By Jonathan Runstadler and Kaitlin Sawatzki
Over the course of the COVID-19 pandemic, researchers have found coronavirus infections in pet cats and dogs and in multiple zoo animals, including big cats and gorillas. These infections have even happened when staff were using personal protective equipment.
More disturbing, in December the United States Department of Agriculture confirmed the first case of a wild animal infected with SARS-CoV-2, the virus that causes COVID-19. Researchers found an infected wild mink in Utah near a mink farm with its own COVID-19 outbreak.
Are humans transmitting this virus to wildlife?
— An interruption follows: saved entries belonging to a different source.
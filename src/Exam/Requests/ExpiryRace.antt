-- ===== src/Exam/Requests/ExpiryRace.antt =====
-- `handleSessionExpiry` reads the session, and then sets its status by id alone. A submit that
-- commits between the two is overwritten.
use ios_backend.Base.{
  ℕ, ◌+◌, ◌≡◌, refl, ap, ◌∙◌, ◌==◌, Bool, true, false, some, String, List, [], ◌∷◌, find, count,
  update, or_else, inl, inr, Bool-cases, arith, eq_refl,
}
use ios_backend.Exam.Types.{
  TestSession, TestSessionStatus, AttemptStatus, Answers, Db, is_active, is_open, session_has_id,
  is_open_with_id,
}
use ios_backend.Exam.Platform.{Platform}
use ios_backend.Exam.Keyspace.{expire_session}
use ios_backend.Exam.Submit.{score_and_persist, close_session, auto_submit_from_snapshot}
use ios_backend.Exam.Submit.Outcome.{score_and_persist_commits}
use ios_backend.Exam.Requests.Rows.{expire_rows}
use ios_backend.Exam.Requests.Accounting.{is_attempt_for}

-- The rows after a submit and the late second half of the expiry.
abbrev overwritten : String → ℕ → Answers → List TestSession → List TestSession
overwritten id now answers xs =
    expire_rows id
      (update (is_open_with_id id) (close_session TestSessionStatus.submitted now answers) xs)

-- The row of an active session after both.
abbrev reopened : ℕ → Answers → TestSession → TestSession
reopened now answers row = record (close_session TestSessionStatus.submitted now answers row) {
  status = TestSessionStatus.expired;
}

expired_none :
    (id : String) (xs : List TestSession)
    → count (session_has_id id) xs ≡ 0
    → count (is_open_with_id id) xs ≡ 0
expired_none id [] h = refl
expired_none id (x ∷ xs) h = ground (arith, expired_none id xs)

overwritten_none :
    (id : String) (now : ℕ) (answers : Answers) (xs : List TestSession)
    → count (session_has_id id) xs ≡ 0
    → count (is_open_with_id id) (overwritten id now answers xs) ≡ 0
overwritten_none id now answers [] h = refl
overwritten_none id now answers (x ∷ xs) h = ground (arith, overwritten_none id now answers xs)

open_once :
    (id : String) (now : ℕ) (answers : Answers) (row : TestSession) (xs : List TestSession)
    → find (session_has_id id) xs ≡ some row
    → is_active row.status ≡ true
    → count (session_has_id id) xs ≡ 1
    → (count (is_open_with_id id) xs ≡ 1)
      × (find (session_has_id id) (overwritten id now answers xs) ≡ some (reopened now answers row))
      × (count (is_open_with_id id) (overwritten id now answers xs) ≡ 1)
open_once id now answers row [] e a one = absurd (cc)
open_once id now answers row (x ∷ xs) e a one = elim (Bool-cases (x.id == id)) [
  | inl same ↦ ground (arith, same, expired_none id xs, overwritten_none id now answers xs)
  | inr other ↦ ground (arith, other, open_once id now answers row xs)
]

module _ (env : Platform) where
  open env use {redis}

  expire_session-rows :
      (row : TestSession) (now : ℕ) (s : Db redis.Store)
      → let t = (expire_session env row now s).1 in
        (t.sessions ≡ expire_rows row.id s.sessions) × (t.attempts ≡ s.attempts)
  unfolding expire_session
  expire_session-rows row now s = (ground arith, ground arith)

  auto_submit-commits :
      (id : String) (row : TestSession) (now : ℕ) (attempt_id : String) (s : Db redis.Store)
      → find (session_has_id id) s.sessions ≡ some row
      → is_open row.status ≡ true
      → (auto_submit_from_snapshot env id now attempt_id s).1
        ≡ (score_and_persist env row
            (or_else row.snapshot [])
            AttemptStatus.auto_submitted
            false
            now
            attempt_id
            s).1
  unfolding auto_submit_from_snapshot
  auto_submit-commits id row now attempt_id s found active = ground (arith, found, active)

  -- A student submits an active session, the only row of its id. The submission commits after
  -- the expiry handler has read the session as active and before it writes; when the grace key
  -- expires, the session is scored again: the student has two new attempts for one session,
  -- whatever Redis answers in between.
  pub expiry_race :
      (row : TestSession) (answers : Answers) (late : Bool) (submitted expired graced : ℕ)
      (first second : String) (s : Db redis.Store)
      → find (session_has_id row.id) s.sessions ≡ some row
      → is_active row.status ≡ true
      → count (session_has_id row.id) s.sessions ≡ 1
      → let s₁ =
          (score_and_persist env row answers AttemptStatus.submitted late submitted first s).1 in
        let s₂ = (expire_session env row expired s₁).1 in
        let s₃ = (auto_submit_from_snapshot env row.id graced second s₂).1 in
        count (is_attempt_for row.user_id row.exam_id) s₃.attempts
        ≡ count (is_attempt_for row.user_id row.exam_id) s.attempts + 2
  expiry_race row answers late submitted expired graced first second s found active one =
      let (opened, reread, again) =
        open_once row.id submitted answers row s.sessions found active one in
      let s₁ =
        (score_and_persist env row answers AttemptStatus.submitted late submitted first s).1 in
      let s₂ = (expire_session env row expired s₁).1 in
      let c₁ =
        score_and_persist_commits env row answers AttemptStatus.submitted late submitted first s
          opened in
      let (rows, attempts) = expire_session-rows row expired s₁ in
      let rows₂ : s₂.sessions ≡ overwritten row.id submitted answers s.sessions =
        rows ∙ ap (λ d. expire_rows row.id d.sessions) c₁.0 in
      let row₂ = reopened submitted answers row in
      let c₂ =
        score_and_persist_commits env row₂ answers AttemptStatus.auto_submitted false graced second
          s₂ (rw rows₂ again) in
      rw (auto_submit-commits row.id row₂ graced second s₂ (rw rows₂ reread) refl) (
        rw (ap (λ d. d.attempts) c₂.0) (
          rw (attempts, ap (λ d. d.attempts) c₁.0)
            (ground (arith, eq_refl row.user_id, eq_refl row.exam_id))))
If so, what would this mean for wild animals – and people too?
How Viruses Hop Between Species
When viruses move from one species into another, scientists call it spillover. Thankfully, spillover doesn't occur easily.
To infect a new species, a virus must be able to bind to a protein on a cell and enter the cell while dodging an immune system the virus hasn't encountered before. Then, as a virus works to avoid antibodies and other antiviral attackers, it must replicate at a high enough volume to be transmitted on to the next animal.
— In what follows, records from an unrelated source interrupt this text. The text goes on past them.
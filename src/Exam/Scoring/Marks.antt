-- ===== src/Exam/Scoring/Marks.antt =====
-- The loop of `scoreAnswers` against sums over the questions.
use ios_backend.Base.{
  ℕ, ◌+◌, pos, is_negative, magnitude, magnitude_lem, ◌≡◌, ◌∙◌, Bool, true, false, List, [], ◌∷◌,
  count, if◌then◌else◌, inl, inr, Bool-cases, All, arith,
}
use ios_backend.Exam.Types.{Answers, ExamQuestion}
use ios_backend.Exam.Scoring.{
  Tally, start_tally, weight_of, is_right, score_question, score_questions,
}

-- No question takes marks away.
abbrev pub HasNoPenalty : ExamQuestion → Type 0
HasNoPenalty q = is_negative (weight_of q) ≡ false

-- The marks of the questions that pass a test.
unfoldable pub marks_where : (ExamQuestion → Bool) → List ExamQuestion → ℕ
marks_where p [] = 0
marks_where p (q ∷ qs) = (if p q then magnitude (weight_of q) else 0) + marks_where p qs

abbrev pub any_question : ExamQuestion → Bool
any_question _ = true

abbrev tally_of : ℕ → ℕ → ℕ → Tally
tally_of right earned total = record {
  correct_count = right;
  earned_marks = pos earned;
  total_marks = pos total;
}

score_questions-plus :
    (answers : Answers) (qs : List ExamQuestion) (right earned total : ℕ)
    → All HasNoPenalty qs
    → score_questions answers qs (tally_of right earned total)
      ≡ tally_of
          (right + count (is_right answers) qs)
          (earned + marks_where (is_right answers) qs)
          (total + marks_where any_question qs)
unfolding score_questions score_question marks_where
score_questions-plus answers [] right earned total h = ground arith
score_questions-plus answers (q ∷ qs) right earned total h =
    let w = magnitude (weight_of q) in
    let weight = magnitude_lem (weight_of q) h.0 in
    elim (Bool-cases (is_right answers q)) [
      | inl e ↦
          rw (e, weight)
            (score_questions-plus answers qs (right + 1) (earned + w) (total + w) h.1
              ∙ ground arith)
      | inr e ↦
          rw (e, weight)
            (score_questions-plus answers qs right earned (total + w) h.1 ∙ ground arith)
    ]

-- Where no question takes marks away, the loop counts the questions that are answered right, adds up
-- their marks, and adds up the marks of all questions.
pub score_questions-marks :
    (answers : Answers) (qs : List ExamQuestion)
    → All HasNoPenalty qs
    → score_questions answers qs start_tally ≡ record {
      correct_count = count (is_right answers) qs;
      earned_marks = pos (marks_where (is_right answers) qs);
      total_marks = pos (marks_where any_question qs);
    }
score_questions-marks answers qs h = score_questions-plus answers qs 0 0 0 h ∙ ground arith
This usually means that the more closely related two species are, the more likely they are to share viruses. Chimpanzees, the species most closely related to humans, can catch and get sick from many human viruses. Earlier this month, veterinarians at the San Diego Zoo announced that the zoo's troop of gorillas was infected with SARS–CoV–2. This indicated it is possible for this virus to jump from humans to our close relatives.
Some viruses tend to stay in a single species or in closely related species, while other viruses seem innately more capable of large species jumps. Influenza, for example, can infect a wide variety of animals, from sparrows to whales. Similarly, coronaviruses are known to regularly jump between species.
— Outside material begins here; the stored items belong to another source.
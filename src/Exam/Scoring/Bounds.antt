-- ===== src/Exam/Scoring/Bounds.antt =====
-- The range of a score, its threshold, and the perfect score.
use native.Mathlib.Nat.{mul-le-mul_left}
use ios_backend.Base.{
  ℕ, suc, ◌+◌, ◌*◌, ◌≤◌, ◌<◌, ◌≡◌, ◌≢◌, ◌↔◌, pos, Bool, true, false, List, [], ◌∷◌, count, length,
  inl, inr, Bool-cases, nat_eq, ltb, leb, leb→le, le→leb, lt→ltb, refl, or_else, All, arith,
  if◌then◌else◌,
}
use ios_backend.Exam.Types.{Answers, ExamQuestion, Exam}
use ios_backend.Exam.Platform.{Rounding}
use ios_backend.Exam.Scoring.{percent, score_exam, is_right, ScoreResult, default_passing_score}
use ios_backend.Exam.Scoring.Marks.{marks_where, any_question, score_questions-marks, HasNoPenalty}

-- The rounded percentage of marks that are not negative.
abbrev pub percentage : Rounding → ℕ → ℕ → ℕ
percentage r earned total = if ltb 0 total then r.round earned total else 0

percent-percentage :
    (r : Rounding) (earned total : ℕ)
    → percent r (pos earned) (pos total) ≡ pos (percentage r earned total)
unfolding percent
percent-percentage r earned total = elim (Bool-cases (ltb 0 total)) [
  | inl e ↦ rw e refl
  | inr e ↦ rw e refl
]

pub percentage_mono :
    (r : Rounding) (a b total : ℕ) → a ≤ b → percentage r a total ≤ percentage r b total
percentage_mono r a b total h = elim (Bool-cases (ltb 0 total)) [
  | inl e ↦ rw e (r.round_mono a b total h)
  | inr e ↦ rw e (omega arith)
]

percentage-le :
    (r : Rounding) (earned total : ℕ) → earned ≤ total → percentage r earned total ≤ 10000
percentage-le r earned total h = elim (Bool-cases (ltb 0 total)) [
  | inl e ↦
      rw e (omega (arith, r.round_mono earned total total h, r.round_all total (ground (arith, e))))
  | inr e ↦ rw e (omega arith)
]

marks_where-le :
    (p : ExamQuestion → Bool) (qs : List ExamQuestion)
    → marks_where p qs ≤ marks_where any_question qs
unfolding marks_where
marks_where-le p [] = omega arith
marks_where-le p (q ∷ qs) = ground (arith, marks_where-le p qs)

pub count-le-length {ℓ} : {A : Type ℓ} (p : A → Bool) (xs : List A) → count p xs ≤ length xs
count-le-length p [] = omega arith
count-le-length p (x ∷ xs) = ground (arith, count-le-length p xs)

abbrev pub percentage_of : Rounding → Answers → Exam → ℕ
percentage_of r answers exam =
    percentage r (marks_where (is_right answers) exam.questions)
      (marks_where any_question exam.questions)

-- What `scoreAnswers` returns for an exam with questions, in sums.
abbrev pub marked : Rounding → Answers → Exam → ScoreResult
marked r answers exam = record {
  score = pos (percentage_of r answers exam);
  passed =
      leb (or_else exam.passing_score default_passing_score * 100) (percentage_of r answers exam);
  correct_count = count (is_right answers) exam.questions;
  total_count = length exam.questions;
}

pub score_exam-marked :
    (r : Rounding) (answers : Answers) (exam : Exam)
    → All HasNoPenalty exam.questions
    → nat_eq (length exam.questions) 0 ≡ false
    → score_exam r answers exam ≡ marked r answers exam
unfolding score_exam
score_exam-marked r answers exam plain e =
    rw
      (
        e,
        score_questions-marks answers exam.questions plain,
        percent-percentage r (marks_where (is_right answers) exam.questions)
            (marks_where any_question exam.questions),
      )
      refl

-- Where no question of an exam takes marks away, its score is a percentage, no more answers are
-- correct than there are questions, and all questions are counted.
pub score_exam_bounds :
    (r : Rounding) (answers : Answers) (exam : Exam)
    → All HasNoPenalty exam.questions
    → let result = score_exam r answers exam in
      (n : ℕ) × (result.score ≡ pos n)
      × (n ≤ 10000)
      × (result.correct_count ≤ result.total_count)
      × (result.total_count ≡ length exam.questions)
score_exam_bounds r answers exam plain = elim (Bool-cases (nat_eq (length exam.questions) 0)) [
  | inl e ↦ unfold score_exam in rw e (0, refl, omega arith, omega arith, ground (arith, e))
  | inr e ↦ rw (score_exam-marked r answers exam plain e) (
    percentage_of r answers exam,
    refl,
    percentage-le r _ _ (marks_where-le (is_right answers) exam.questions),
    count-le-length (is_right answers) exam.questions,
    refl,
  )
]

marks_where_nonempty :
    (qs : List ExamQuestion) → 0 < marks_where any_question qs → nat_eq (length qs) 0 ≡ false
unfolding marks_where
marks_where_nonempty [] h = absurd (omega arith)
marks_where_nonempty (q ∷ qs) h = ground arith

percentage_reaches :
    (r : Rounding) (mark earned total : ℕ)
    → 0 < total
    → earned ≤ total
    → total ≤ 100000000000
    → mark * 200 * total ≢ earned * 20000 + total
    → (mark * 100 ≤ percentage r earned total) ↔ (mark * 200 * total ≤ earned * 20000 + total)
percentage_reaches r mark earned total h part small no_tie =
    let p = r.round earned total in
    let (below, above) = r.round_nearest earned total h part small in
    rw (lt→ltb 0 total h) (
      (λ k. omega (arith, below, mul-le-mul_left (2 * total) k)),
      (λ k. elim (Bool-cases (leb (mark * 100) p)) [
        | inl e ↦ leb→le (mark * 100) p e
        | inr e ↦
            let short : suc p ≤ mark * 100 = ground (arith, e) in
            absurd (no_tie (omega (arith, above, k, mul-le-mul_left (2 * total) short)))
      ]),
    )

-- Where no question takes marks away, the marks of the exam are more than 0 and at most 10^11, an exam
-- is passed exactly if the percentage of the marks that were earned reaches the threshold, or misses
-- it by less than half a hundredth. Whether it is passed when it misses it by exactly that is left to
-- the doubles.
pub score_exam-passed_iff :
    (r : Rounding) (answers : Answers) (exam : Exam)
    → All HasNoPenalty exam.questions
    → 0 < marks_where any_question exam.questions
    → marks_where any_question exam.questions ≤ 100000000000
    → or_else exam.passing_score default_passing_score
        * 200
        * marks_where any_question exam.questions
      ≢ marks_where (is_right answers) exam.questions * 20000
        + marks_where any_question exam.questions
    → ((score_exam r answers exam).passed ≡ true) ↔ (
        or_else exam.passing_score default_passing_score
          * 200
          * marks_where any_question exam.questions
        ≤ marks_where (is_right answers) exam.questions * 20000
          + marks_where any_question exam.questions)
score_exam-passed_iff r answers exam plain h small no_tie =
    let reach =
      percentage_reaches r (or_else exam.passing_score default_passing_score)
        (marks_where (is_right answers) exam.questions) (marks_where any_question exam.questions) h
        (marks_where-le (is_right answers) exam.questions) small no_tie in
    rw (score_exam-marked r answers exam plain (marks_where_nonempty exam.questions h))
      ((λ k. reach.0 (leb→le _ _ k)), (λ k. le→leb _ _ (reach.1 k)))

marks_where-All :
    (p : ExamQuestion → Bool) (qs : List ExamQuestion)
    → All (λ q. p q ≡ true) qs
    → marks_where p qs ≡ marks_where any_question qs
unfolding marks_where
marks_where-All p [] h = refl
marks_where-All p (q ∷ qs) h = ground (arith, marks_where-All p qs h.1)

-- Who answers every question right gets 100.00 percent, where the questions carry marks and none takes
-- marks away, and passes if the threshold is a percentage.
pub score_exam_perfect :
    (r : Rounding) (answers : Answers) (exam : Exam)
    → All HasNoPenalty exam.questions
    → 0 < marks_where any_question exam.questions
    → All (λ q. is_right answers q ≡ true) exam.questions
    → or_else exam.passing_score default_passing_score ≤ 100
    → ((score_exam r answers exam).score ≡ pos 10000) × ((score_exam r answers exam).passed ≡ true)
score_exam_perfect r answers exam plain h right threshold =
    rw
      (
        score_exam-marked r answers exam plain (marks_where_nonempty exam.questions h),
        marks_where-All (is_right answers) exam.questions right,
        lt→ltb 0 (marks_where any_question exam.questions) h,
        r.round_all (marks_where any_question exam.questions) h,
      )
      (refl, le→leb _ _ (omega arith))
The question of how many and which species can be infected by SARS-CoV-2 – and which ones might be able to support continued circulation of the virus – is an important one.
Searching for COVID-19 in Wildlife
For human-to-wildlife spillover of SARS-CoV-2 to occur, an animal needs to be exposed to a high-enough viral dose to become infected.
The highest-risk situations are during direct contact with humans, such as a veterinarian's caring for an injured animal. Contact between a sick person and a pet or farm animal also poses a risk, as the domestic animal could act as an intermediate host, eventually passing the virus to a wild animal.
Another way COVID-19 could spill over from humans into animals is through indirect infection, such as through wastewater. COVID-19 and other pathogens can be detected in waste streams, many of which end up dumped, untreated, into environments where wildlife like marine mammals may be exposed. This is thought to be how elephant seals in California became infected with H1N1 influenza during the swine flu pandemic in 2009.
To study whether spillover of SARS-CoV-2 is happening, our team at Tufts is partnering with veterinarians and licensed wildlife rehabilitators across the U.S. to collect samples from and test animals in their care. Through the project, we have tested nearly 300 wild animals from over 20 species. So far, none – from bats to seals to coyotes – have shown any evidence of COVID-19 by swab or antibody tests.
Other researchers have launched targeted surveillance of wild animals in places where captive animals have been infected. The first confirmed infection in a wild mink was found during surveillance near an infected mink farm. It's not yet clear how this wild mink got the coronavirus, but the high density of infected minks and potentially infectious particles from them made it a high-risk location.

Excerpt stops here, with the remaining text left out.